Originally opened as "Broom and Aston". Broome station was built by the Knighton Railway company on their branch line between and Knighton, opening with the line in 1861. In 1895 a wind engine was erected at the station for the London and North Western Railway by John Wallis Titt.

The line was double track and the station had two platforms until the 1960s, but the line was singled in 1965 and the station now has a single platform. The station buildings have since been demolished and replaced with a bus shelter structure.

==Facilities==
The station has no permanent buildings aside from a single timber waiting shelter, though it does have a CIS display and a timetable poster board. However, it has no public telephone or customer help point. Step-free access is provided via a steep gravel ramp and steel gate from the entrance and car park, which has been proven to be unsuitable for wheelchair users.

== Services ==
There are five trains per day in each direction from Monday to Saturday (plus an extra northbound service to Shrewsbury for commuters on Mondays to Fridays), and two services on Sundays. This is a request stop and passengers intending to board must make a clear signal to the driver, whilst alighting passengers must request the stop from the train guard.

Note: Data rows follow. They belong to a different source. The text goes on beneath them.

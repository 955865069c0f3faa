-- ===== src/Secrets/Outcome.antt =====
-- controllers/secrets.go, reconcileSecrets.
use mathlib.Core.Path.{subst}
use ds_operator.Prelude.{
  ℕ, ◌<◌, String, Bool, true, false, Bool-cases, if◌then◌else◌, ◌≡◌, refl, sym, ap, ◌∙◌, inl, inr,
  [], ◌∷◌, Dict, Result, ok, err, not_found, panic, wrap, ok-injective, ok-ne-err, Ends, Ends-try,
  Ends-bind, Ends_mono, Ends_at, pure, raise, none, some, Action, handle, continue,
}
use ds_operator.Kube.Meta.{Key-cases}
use ds_operator.Kube.Workloads.{Secret}
use ds_operator.Kube.Objects.{Kind}
use ds_operator.Kube.Client.{Client}
use ds_operator.Kube.Client.Laws.{IsLawful, create_branch}
use ds_operator.Kube.Client.Apply.{Applied, create_or_update-ends}
use ds_operator.Kube.Client.Keep.{OnlyAt-OnlyKind}
use ds_operator.Api.Types.{DirectoryService, DirectoryPasswords, secret_name_for_dn}
use ds_operator.Secrets.{
  empty_secret, labelled, assign_key, mutate_secret, reconcile_secret, reconcile_accounts,
  reconcile_secrets,
}
use ds_operator.Secrets.Filling.{Filled}
use ds_operator.Secrets.Keep.{
  Keeps, Keeps-refl, Keeps-trans, HasPassword, HasPassword-Keeps, Writable, Writable-Keeps,
  secret_key, mutate_there, mutate-Sound, blank, rand_password-text,
}

true-ne-false : ◌≡◌ {A = Bool} true false → ⊥
true-ne-false h = cc

module _ {W : Type 0} (api : Client W) (draw : W → ℕ → ℕ → ℕ) (ds : DirectoryService)
    (law : IsLawful api) (below : (w : W) (m j : ℕ) → 0 < m → draw w m j < m) where
  module _ (dn : String) (account : DirectoryPasswords) (w w' : W)
      (ready : Writable api (secret_key api ds dn) w) (r : Secret × Unit {0})
      (a : Applied api Kind.secret
        (Unit {0})
        (blank api draw ds law below dn account w ready)
        (mutate_secret api draw ds account)
        w
        r
        w') where
    -- What is stored is what the callback makes of the secret that was there.
    applied-Filled :
        (s : Secret) (d : Dict String)
        → api.get Kind.secret (secret_key api ds dn) w ≡ ok s
        → s.payload ≡ some d
        → Filled account.key d s r.0
    applied-Filled s d g e = elim a.how [
      | inl c ↦ absurd (ok-ne-err (sym c.was_absent ∙ g))
      | inr u ↦
          let (m, run, filled) = mutate_there api draw ds law below dn account w ready s d g e in
          let old = ok-injective (sym u.was_present ∙ g) in
          let made =
            ok-injective {A = Secret × Unit {0}}
              (sym u.mutated ∙ ap (mutate_secret api draw ds account w) old ∙ run) in
          subst (λ t. Filled account.key d s t) (sym (u.content ∙ ap (λ (t, y). t) made)) filled
    ]

    applied-Keeps : Keeps api w w'
    applied-Keeps = record {
      secrets = λ key s d g e. elim (Key-cases (secret_key api ds dn) key) [
        | inl same ↦
            let filled = applied-Filled s d (ap (λ k. api.get Kind.secret k w) same ∙ g) e in
            (r.0, ap (λ k. api.get Kind.secret k w') (sym same) ∙ a.stored, filled.holds)
        | inr other ↦ (
          s,
          a.elsewhere Kind.secret key (λ p q. other q) ∙ g,
          record { entries = d; payload = e; more = λ k v h. h },
        )
      ];
      only = OnlyAt-OnlyKind api Kind.secret (secret_key api ds dn) w w' a.elsewhere;
    }

    applied-HasPassword : HasPassword api (secret_key api ds dn) account.key w'
    applied-HasPassword =
        let filled = applied-Filled ready.secret ready.entries ready.there ready.payload in
        record {
          secret = r.0;
          there = a.stored;
          entries = filled.holds.entries;
          payload = filled.holds.payload;
          password = filled.password;
          found = filled.has_key;
        }

  reconcile_secret-ends :
      (dn : String) (account : DirectoryPasswords) (w : W)
      → Writable api (secret_key api ds dn) w
      → Ends
          (reconcile_secret api draw ds dn account)
          w
          (λ _ w'. Keeps api w w' × HasPassword api (secret_key api ds dn) account.key w')
          (λ _ w'. w' ≡ w)
  unfolding reconcile_secret
  reconcile_secret-ends dn account w ready =
      Ends-try
        (api.create_or_update Kind.secret (Unit {0})
          (blank api draw ds law below dn account w ready) (mutate_secret api draw ds account))
        (λ r. pure tt) (λ e. raise (wrap "unable to CreateOrUpdate Secret" e)) w
        (create_or_update-ends api Kind.secret (Unit {0})
          (blank api draw ds law below dn account w ready) (mutate_secret api draw ds account) law w
          (mutate-Sound api draw ds law below dn account w ready))
        (λ r w' a.
          Ends.returns tt w' refl (
            applied-Keeps dn account w w' ready r a,
            applied-HasPassword dn account w w' ready r a,
          ))
        (λ e w' same. Ends.fails (wrap "unable to CreateOrUpdate Secret" e) w' refl same)

  -- All of the accounts that the operator is to make, and what is so of each.
  abbrev pub Each : (String → DirectoryPasswords → Type 0) → Dict DirectoryPasswords → Type 0
  Each P [] = Unit
  Each P ((dn, account) ∷ accounts) = (account.create ≡ true → P dn account) × Each P accounts

  pub Each-map :
      (P Q : String → DirectoryPasswords → Type 0) (accounts : Dict DirectoryPasswords)
      → ((dn : String) (account : DirectoryPasswords) → P dn account → Q dn account)
      → Each P accounts
      → Each Q accounts
  Each-map P Q [] f e = tt
  Each-map P Q ((dn, account) ∷ accounts) f (p, e) =
      (λ c. f dn account (p c), Each-map P Q accounts f e)

  abbrev pub Ready : Dict DirectoryPasswords → W → Type 0
  Ready accounts w = Each (λ dn account. Writable api (secret_key api ds dn) w) accounts

  abbrev pub Done : Dict DirectoryPasswords → W → Type 0
  Done accounts w =
      Each (λ dn account. HasPassword api (secret_key api ds dn) account.key w) accounts

  -- One round of the loop.
  abbrev round : String → DirectoryPasswords → Action W (Unit {0})
  round dn account = if account.create then reconcile_secret api draw ds dn account else pure tt

  round-ends :
      (dn : String) (account : DirectoryPasswords) (w : W)
      → (account.create ≡ true → Writable api (secret_key api ds dn) w)
      → Ends
          (round dn account)
          w
          (λ _ w'.
            Keeps api w w'
            × (account.create ≡ true → HasPassword api (secret_key api ds dn) account.key w'))
          (λ _ w'. w' ≡ w)
  round-ends dn account w ready = elim (Bool-cases account.create) [
    | inl c ↦
        Ends_at (ap (λ b. (if b then reconcile_secret api draw ds dn account else pure tt) w) c) (
          Ends_mono (λ x w' (k, h). (k, λ c. h)) (λ e w' same. same)
            (reconcile_secret-ends dn account w (ready c)))
    | inr c ↦
        Ends.returns tt w
          (ap (λ b. (if b then reconcile_secret api draw ds dn account else pure tt) w) c)
          (Keeps-refl api w, λ c'. absurd (true-ne-false (sym c' ∙ c)))
  ]

  reconcile_accounts-ends :
      (accounts : Dict DirectoryPasswords) (w : W)
      → Ready accounts w
      → Ends
          (reconcile_accounts api draw ds accounts)
          w
          (λ _ w'. Keeps api w w' × Done accounts w')
          (λ _ w'. Keeps api w w')
  unfolding reconcile_accounts
  reconcile_accounts-ends [] w ready = Ends.returns tt w refl (Keeps-refl api w, tt)
  reconcile_accounts-ends ((dn, account) ∷ accounts) w (now, later) =
      Ends-bind (round dn account) (λ x. reconcile_accounts api draw ds accounts) w
        (Ends_mono (λ x w' p. p) (λ e w' same. rw same (Keeps-refl api w))
          (round-ends dn account w now))
        (λ x w' (k, has).
          Ends_mono
            (λ y w'' (k', done). (
              Keeps-trans api k k',
              (
                λ c. HasPassword-Keeps api (secret_key api ds dn) account.key w' w'' (has c) k',
                done,
              ),
            ))
            (λ e w'' k'. Keeps-trans api k k')
            (reconcile_accounts-ends accounts w' (
              Each-map (λ dn account. Writable api (secret_key api ds dn) w)
                (λ dn account. Writable api (secret_key api ds dn) w') accounts
                (λ dn account h. Writable-Keeps api (secret_key api ds dn) w w' h k) later)))

  abbrev new_secret : String → Secret
  new_secret dn = empty_secret (secret_name_for_dn ds dn) ds.meta.namespace

  -- reconcileSecrets, where the secret of each account that it is to make exists already with a map
  -- of passwords, does not panic. No entry of a secret is removed or replaced, and nothing but
  -- secrets changes, even on an error. If it returns, every such account has a password.
  pub reconcile_secrets-Keeps :
      (w : W)
      → Ready ds.spec.passwords w
      → Ends
          (reconcile_secrets api draw ds)
          w
          (λ _ w'. Keeps api w w' × Done ds.spec.passwords w')
          (λ _ w'. Keeps api w w')
  unfolding reconcile_secrets
  reconcile_secrets-Keeps w ready = reconcile_accounts-ends ds.spec.passwords w ready

  -- Where the secret of the first account, one to be made, is not there, reconcileSecrets panics:
  -- the map of a new secret is nil.
  pub reconcile_secrets_new :
      (dn : String) (account : DirectoryPasswords) (accounts : Dict DirectoryPasswords) (w : W)
      → ds.spec.passwords ≡ (dn, account) ∷ accounts
      → account.create ≡ true
      → api.get Kind.secret (secret_key api ds dn) w ≡ err not_found
      → (reconcile_secrets api draw ds w).0 ≡ panic
  unfolding reconcile_secrets reconcile_accounts reconcile_secret mutate_secret
  reconcile_secrets_new dn account accounts w first create absent =
      let made : mutate_secret api draw ds account w (new_secret dn) ≡ panic =
        ap (λ p. assign_key (labelled api draw ds (new_secret dn)) account.key p none)
          (rand_password-text (draw w) 24 0 (below w)).1 in
      let stop =
        law.absent Kind.secret (Unit {0}) (new_secret dn) (mutate_secret api draw ds account) w
          absent
        ∙ ap (λ r. create_branch api Kind.secret r w) made in
      let secret_stop : reconcile_secret api draw ds dn account w ≡ (panic, w) =
        ap
          (λ ((r, v) : Result (Secret × Unit {0}) × W).
            handle r (λ r. pure tt) (λ e. raise (wrap "unable to CreateOrUpdate Secret" e)) v)
          stop in
      let round_stop : round dn account w ≡ (panic, w) =
        ap (λ b. (if b then reconcile_secret api draw ds dn account else pure tt) w) create
        ∙ secret_stop in
      ap (λ l. (reconcile_accounts api draw ds l w).0) first
      ∙ ap
          (λ ((r, v) : Result (Unit {0}) × W).
            (continue r (λ x. reconcile_accounts api draw ds accounts) v).0)
          round_stop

| Preceding station | National Rail |  |  | Following station |
|---|---|---|---|---|
| Hopton Heath |  | Transport for Wales Heart of Wales Line |  | Craven Arms |

== See also ==
- Rail transport in Shropshire

==Bibliography==
- Body, G. (1983), PSL Field Guides - Railways of the Western Region, Patrick Stephens Ltd, Wellingborough, ISBN 0-85059-546-0
- Organ, John (2008). "Craven Arms to Llandeilo"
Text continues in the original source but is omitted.